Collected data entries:
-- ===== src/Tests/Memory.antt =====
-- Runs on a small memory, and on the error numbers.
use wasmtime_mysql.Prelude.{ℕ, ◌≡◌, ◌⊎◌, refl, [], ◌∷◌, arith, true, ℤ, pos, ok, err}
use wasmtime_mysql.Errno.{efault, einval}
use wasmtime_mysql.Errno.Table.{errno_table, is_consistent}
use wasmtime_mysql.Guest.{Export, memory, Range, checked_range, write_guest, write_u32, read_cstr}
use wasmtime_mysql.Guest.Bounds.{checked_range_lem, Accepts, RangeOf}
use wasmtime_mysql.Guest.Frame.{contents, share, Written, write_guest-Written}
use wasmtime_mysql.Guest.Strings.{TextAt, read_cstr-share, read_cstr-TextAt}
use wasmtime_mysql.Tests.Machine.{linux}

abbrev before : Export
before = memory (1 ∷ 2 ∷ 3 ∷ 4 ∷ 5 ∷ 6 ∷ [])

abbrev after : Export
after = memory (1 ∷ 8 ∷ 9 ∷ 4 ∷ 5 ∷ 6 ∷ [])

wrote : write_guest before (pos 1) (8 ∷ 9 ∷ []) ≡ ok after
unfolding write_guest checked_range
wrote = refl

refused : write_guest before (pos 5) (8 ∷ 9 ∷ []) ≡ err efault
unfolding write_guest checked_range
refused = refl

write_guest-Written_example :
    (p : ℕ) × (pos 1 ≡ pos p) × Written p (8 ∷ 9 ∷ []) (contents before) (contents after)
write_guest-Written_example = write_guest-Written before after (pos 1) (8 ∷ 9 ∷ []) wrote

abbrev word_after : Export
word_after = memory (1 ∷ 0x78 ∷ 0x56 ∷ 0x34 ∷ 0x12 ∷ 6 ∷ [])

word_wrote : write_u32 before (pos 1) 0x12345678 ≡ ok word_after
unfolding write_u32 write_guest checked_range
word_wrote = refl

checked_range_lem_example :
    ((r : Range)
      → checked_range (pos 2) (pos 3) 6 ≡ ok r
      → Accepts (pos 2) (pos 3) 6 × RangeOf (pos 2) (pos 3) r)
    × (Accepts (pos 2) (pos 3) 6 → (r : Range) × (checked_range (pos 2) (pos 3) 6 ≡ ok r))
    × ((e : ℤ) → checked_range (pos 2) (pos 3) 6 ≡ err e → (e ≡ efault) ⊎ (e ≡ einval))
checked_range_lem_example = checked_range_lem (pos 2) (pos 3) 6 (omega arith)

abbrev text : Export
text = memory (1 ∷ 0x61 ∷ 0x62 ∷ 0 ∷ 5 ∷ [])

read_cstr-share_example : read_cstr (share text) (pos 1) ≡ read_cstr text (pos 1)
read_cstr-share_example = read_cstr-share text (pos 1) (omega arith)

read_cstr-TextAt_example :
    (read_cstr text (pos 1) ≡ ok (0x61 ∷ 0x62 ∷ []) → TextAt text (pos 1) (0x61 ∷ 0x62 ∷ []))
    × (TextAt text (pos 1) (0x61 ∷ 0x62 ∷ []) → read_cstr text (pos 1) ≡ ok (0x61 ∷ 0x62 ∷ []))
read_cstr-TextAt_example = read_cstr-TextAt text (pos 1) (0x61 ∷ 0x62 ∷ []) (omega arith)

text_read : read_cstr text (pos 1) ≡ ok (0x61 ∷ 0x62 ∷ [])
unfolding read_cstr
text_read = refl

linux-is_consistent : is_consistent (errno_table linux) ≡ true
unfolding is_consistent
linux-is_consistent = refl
==
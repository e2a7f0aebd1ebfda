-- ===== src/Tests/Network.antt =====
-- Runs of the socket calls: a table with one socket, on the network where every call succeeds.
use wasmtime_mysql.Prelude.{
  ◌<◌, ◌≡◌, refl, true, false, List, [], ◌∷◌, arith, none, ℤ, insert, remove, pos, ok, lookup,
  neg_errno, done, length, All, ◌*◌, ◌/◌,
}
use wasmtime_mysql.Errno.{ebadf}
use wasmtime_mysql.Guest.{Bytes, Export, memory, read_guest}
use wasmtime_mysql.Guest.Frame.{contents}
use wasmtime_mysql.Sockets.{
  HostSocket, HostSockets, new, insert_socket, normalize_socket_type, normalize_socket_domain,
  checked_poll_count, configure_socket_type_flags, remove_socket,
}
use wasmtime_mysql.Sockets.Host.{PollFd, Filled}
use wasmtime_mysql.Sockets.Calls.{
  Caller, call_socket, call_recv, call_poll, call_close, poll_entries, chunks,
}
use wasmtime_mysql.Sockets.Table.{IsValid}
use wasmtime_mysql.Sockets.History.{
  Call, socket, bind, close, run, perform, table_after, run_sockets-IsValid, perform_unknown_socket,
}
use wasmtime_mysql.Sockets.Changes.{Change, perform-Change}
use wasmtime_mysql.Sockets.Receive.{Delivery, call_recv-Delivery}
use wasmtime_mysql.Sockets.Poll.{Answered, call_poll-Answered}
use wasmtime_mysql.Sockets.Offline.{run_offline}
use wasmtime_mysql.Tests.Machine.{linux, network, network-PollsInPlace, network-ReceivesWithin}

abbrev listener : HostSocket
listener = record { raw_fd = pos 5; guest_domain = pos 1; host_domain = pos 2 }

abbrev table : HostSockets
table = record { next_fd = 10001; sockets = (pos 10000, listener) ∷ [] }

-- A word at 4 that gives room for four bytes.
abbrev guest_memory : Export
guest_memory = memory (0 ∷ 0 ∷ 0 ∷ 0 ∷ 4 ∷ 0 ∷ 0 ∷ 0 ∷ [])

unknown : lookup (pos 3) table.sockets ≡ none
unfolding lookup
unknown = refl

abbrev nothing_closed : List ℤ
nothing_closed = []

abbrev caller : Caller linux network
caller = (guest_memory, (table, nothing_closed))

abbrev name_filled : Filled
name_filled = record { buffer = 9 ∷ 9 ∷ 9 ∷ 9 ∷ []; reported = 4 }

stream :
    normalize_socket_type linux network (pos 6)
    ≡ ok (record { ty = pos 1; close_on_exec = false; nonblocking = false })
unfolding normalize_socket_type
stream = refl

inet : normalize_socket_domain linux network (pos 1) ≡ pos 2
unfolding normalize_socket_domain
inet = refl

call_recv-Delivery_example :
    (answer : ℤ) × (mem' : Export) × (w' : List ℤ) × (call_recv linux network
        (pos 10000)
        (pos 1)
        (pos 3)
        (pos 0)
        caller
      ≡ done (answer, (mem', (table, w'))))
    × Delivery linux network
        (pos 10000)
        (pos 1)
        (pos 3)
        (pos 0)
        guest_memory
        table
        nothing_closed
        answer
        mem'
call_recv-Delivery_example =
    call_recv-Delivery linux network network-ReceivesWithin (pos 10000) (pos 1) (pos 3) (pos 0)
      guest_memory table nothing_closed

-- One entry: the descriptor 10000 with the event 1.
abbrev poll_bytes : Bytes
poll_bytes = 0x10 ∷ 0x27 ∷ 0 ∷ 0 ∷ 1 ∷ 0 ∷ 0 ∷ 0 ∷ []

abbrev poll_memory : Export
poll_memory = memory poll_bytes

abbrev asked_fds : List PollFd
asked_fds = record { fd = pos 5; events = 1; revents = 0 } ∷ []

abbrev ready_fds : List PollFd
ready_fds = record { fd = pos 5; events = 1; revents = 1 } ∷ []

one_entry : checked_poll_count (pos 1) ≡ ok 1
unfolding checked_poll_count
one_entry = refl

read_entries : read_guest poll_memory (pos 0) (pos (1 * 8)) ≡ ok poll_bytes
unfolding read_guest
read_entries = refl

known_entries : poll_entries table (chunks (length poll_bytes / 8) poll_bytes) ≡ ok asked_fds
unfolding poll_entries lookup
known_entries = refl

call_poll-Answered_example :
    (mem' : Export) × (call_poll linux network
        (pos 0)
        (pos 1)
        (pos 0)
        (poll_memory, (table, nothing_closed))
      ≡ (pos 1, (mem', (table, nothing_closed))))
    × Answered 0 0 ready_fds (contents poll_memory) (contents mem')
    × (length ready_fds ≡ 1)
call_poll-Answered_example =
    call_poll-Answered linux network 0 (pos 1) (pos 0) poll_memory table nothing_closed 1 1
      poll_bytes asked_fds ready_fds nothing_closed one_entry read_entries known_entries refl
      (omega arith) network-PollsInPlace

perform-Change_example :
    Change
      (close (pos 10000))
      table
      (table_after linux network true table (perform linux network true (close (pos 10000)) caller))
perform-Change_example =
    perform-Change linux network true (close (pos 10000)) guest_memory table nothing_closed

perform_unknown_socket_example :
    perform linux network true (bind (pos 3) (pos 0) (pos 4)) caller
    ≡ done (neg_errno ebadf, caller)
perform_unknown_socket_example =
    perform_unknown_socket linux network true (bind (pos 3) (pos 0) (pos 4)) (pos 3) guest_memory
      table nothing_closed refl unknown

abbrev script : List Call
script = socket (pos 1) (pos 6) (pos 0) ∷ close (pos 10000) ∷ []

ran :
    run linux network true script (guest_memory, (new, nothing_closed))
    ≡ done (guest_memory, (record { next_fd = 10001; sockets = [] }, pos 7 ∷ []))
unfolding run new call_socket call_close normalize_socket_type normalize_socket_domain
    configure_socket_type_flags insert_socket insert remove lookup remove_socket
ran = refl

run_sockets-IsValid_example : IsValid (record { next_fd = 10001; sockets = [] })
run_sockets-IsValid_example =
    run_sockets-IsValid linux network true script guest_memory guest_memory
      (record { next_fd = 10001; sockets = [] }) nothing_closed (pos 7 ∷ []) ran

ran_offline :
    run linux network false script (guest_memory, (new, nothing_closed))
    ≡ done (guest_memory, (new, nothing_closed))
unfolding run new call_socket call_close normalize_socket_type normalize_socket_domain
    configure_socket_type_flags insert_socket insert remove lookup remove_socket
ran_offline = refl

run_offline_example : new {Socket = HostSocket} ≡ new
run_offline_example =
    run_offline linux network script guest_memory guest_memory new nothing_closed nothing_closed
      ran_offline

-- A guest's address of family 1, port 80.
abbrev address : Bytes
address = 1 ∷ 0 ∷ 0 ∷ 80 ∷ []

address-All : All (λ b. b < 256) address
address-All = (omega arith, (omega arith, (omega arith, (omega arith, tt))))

WHAT IS BEING ASKED ->
In the records, find every line that has the string "Machine" and copy it.

ANSWER SPACE ->
use wasmtime_mysql.Tests.Machine.{linux}
use wasmtime_mysql.Tests.Machine.{linux, network, network-PollsInPlace, network-ReceivesWithin}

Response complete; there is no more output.